> What you will do:
The following entries are to be retyped in full, exactly as written.

> Data shown:
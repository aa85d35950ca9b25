-- ===== src/Blockchain/Samples.antt =====
-- Forests with the blocks of the first two and the first three views, for the tests.
use bamboo.Prelude.{◌≡◌, refl, false, some, [], pos, arith}
use bamboo.Outcome.{Outcome, ok, err, fault}
use bamboo.Types.{Block, Qc, View, Identifier}
use bamboo.Blockchain.Forest.{Forest, new_forest, add_vertex, get_vertex}
use bamboo.Blockchain.Forest.Invariant.{IsValid, new_forest-IsValid, add_vertex-IsValid}
use bamboo.Blockchain.Forest.Levels.{IsLevelled}

abbrev pub sample_qc : View → Identifier → Qc
sample_qc view id = record {
  leader = 1;
  view = view;
  block_id = id;
  signers = [];
  agg_sig = [];
  signature = [];
}

abbrev pub sample_block : View → Identifier → View → Identifier → Block
sample_block view id parent_view parent_id = record {
  view = view;
  qc = some (sample_qc parent_view parent_id);
  proposer = 2;
  payload = [];
  prev_id = parent_id;
  sig = [];
  id = id;
  mali = false;
  fork_num = pos 0;
  height = view;
  commit_from_this = false;
}

abbrev pub block_1 : Block
block_1 = sample_block 1 11 0 0

abbrev pub block_2 : Block
block_2 = sample_block 2 12 1 11

abbrev pub block_3 : Block
block_3 = sample_block 3 13 2 12

abbrev or_new : Outcome Forest → Forest
or_new (ok f) = f
or_new (err e) = new_forest
or_new (fault x) = new_forest

unfoldable pub forest_1 : Forest
forest_1 = or_new (add_vertex block_1 new_forest)

unfoldable pub forest_2 : Forest
forest_2 = or_new (add_vertex block_2 forest_1)

pub forest_1-added : add_vertex block_1 new_forest ≡ ok forest_1
unfolding add_vertex new_forest forest_1
forest_1-added = refl

pub forest_2-added : add_vertex block_2 forest_1 ≡ ok forest_2
unfolding add_vertex new_forest forest_1 forest_2
forest_2-added = refl

pub forest_1-IsValid : IsValid forest_1
forest_1-IsValid = add_vertex-IsValid block_1 new_forest forest_1 new_forest-IsValid forest_1-added

pub forest_2-IsValid : IsValid forest_2
forest_2-IsValid = add_vertex-IsValid block_2 forest_1 forest_2 forest_1-IsValid forest_2-added

pub forest_2-IsLevelled : IsLevelled forest_2
unfolding add_vertex new_forest forest_1 forest_2 get_vertex
forest_2-IsLevelled = record {
  at_view = λ i r b e full. ground (arith, e, full);
  lower = λ i b p e e'. ground (arith, e, e');
}

pub forest_2-block_1 : get_vertex forest_2 11 ≡ some block_1
unfolding add_vertex new_forest forest_1 forest_2 get_vertex
forest_2-block_1 = refl

pub forest_2-block_2 : get_vertex forest_2 12 ≡ some block_2
unfolding add_vertex new_forest forest_1 forest_2 get_vertex
forest_2-block_2 = refl

pub forest_3 : Forest
forest_3 = or_new (add_vertex block_3 forest_2)

forest_3-added : add_vertex block_3 forest_2 ≡ ok forest_3
unfolding add_vertex new_forest forest_1 forest_2 forest_3
forest_3-added = refl

pub forest_3-IsValid : IsValid forest_3
forest_3-IsValid = add_vertex-IsValid block_3 forest_2 forest_3 forest_2-IsValid forest_3-added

> Result:
repository aa85d35950ca9b25
-- ===== src/Blockchain/Samples.antt =====
-- Forests with the blocks of the first two and the first three views, for the tests.
use bamboo.Prelude.{◌≡◌, refl, false, some, [], pos, arith}
use bamboo.Outcome.{Outcome, ok, err, fault}
use bamboo.Types.{Block, Qc, View, Identifier}
use bamboo.Blockchain.Forest.{Forest, new_forest, add_vertex, get_vertex}
use bamboo.Blockchain.Forest.Invariant.{IsValid, new_forest-IsValid, add_vertex-IsValid}
use bamboo.Blockchain.Forest.Levels.{IsLevelled}

abbrev pub sample_qc : View → Identifier → Qc
sample_qc view id = record {
  leader = 1;
  view = view;
  block_id = id;
  signers = [];
  agg_sig = [];
  signature = [];
}

abbrev pub sample_block : View → Identifier → View → Identifier → Block
sample_block view id parent_view parent_id = record {
  view = view;
  qc = some (sample_qc parent_view parent_id);
  proposer = 2;
  payload = [];
  prev_id = parent_id;
  sig = [];
  id = id;
  mali = false;
  fork_num = pos 0;
  height = view;
  commit_from_this = false;
}

abbrev pub block_1 : Block
block_1 = sample_block 1 11 0 0

abbrev pub block_2 : Block
block_2 = sample_block 2 12 1 11

abbrev pub block_3 : Block
block_3 = sample_block 3 13 2 12

abbrev or_new : Outcome Forest → Forest
or_new (ok f) = f
or_new (err e) = new_forest
or_new (fault x) = new_forest

unfoldable pub forest_1 : Forest
forest_1 = or_new (add_vertex block_1 new_forest)

unfoldable pub forest_2 : Forest
forest_2 = or_new (add_vertex block_2 forest_1)

pub forest_1-added : add_vertex block_1 new_forest ≡ ok forest_1
unfolding add_vertex new_forest forest_1
forest_1-added = refl

pub forest_2-added : add_vertex block_2 forest_1 ≡ ok forest_2
unfolding add_vertex new_forest forest_1 forest_2
forest_2-added = refl

pub forest_1-IsValid : IsValid forest_1
forest_1-IsValid = add_vertex-IsValid block_1 new_forest forest_1 new_forest-IsValid forest_1-added

pub forest_2-IsValid : IsValid forest_2
forest_2-IsValid = add_vertex-IsValid block_2 forest_1 forest_2 forest_1-IsValid forest_2-added

pub forest_2-IsLevelled : IsLevelled forest_2
unfolding add_vertex new_forest forest_1 forest_2 get_vertex
forest_2-IsLevelled = record {
  at_view = λ i r b e full. ground (arith, e, full);
  lower = λ i b p e e'. ground (arith, e, e');
}

pub forest_2-block_1 : get_vertex forest_2 11 ≡ some block_1
unfolding add_vertex new_forest forest_1 forest_2 get_vertex
forest_2-block_1 = refl

pub forest_2-block_2 : get_vertex forest_2 12 ≡ some block_2
unfolding add_vertex new_forest forest_1 forest_2 get_vertex
forest_2-block_2 = refl

pub forest_3 : Forest
forest_3 = or_new (add_vertex block_3 forest_2)

forest_3-added : add_vertex block_3 forest_2 ≡ ok forest_3
unfolding add_vertex new_forest forest_1 forest_2 forest_3
forest_3-added = refl

pub forest_3-IsValid : IsValid forest_3
forest_3-IsValid = add_vertex-IsValid block_3 forest_2 forest_3 forest_2-IsValid forest_3-added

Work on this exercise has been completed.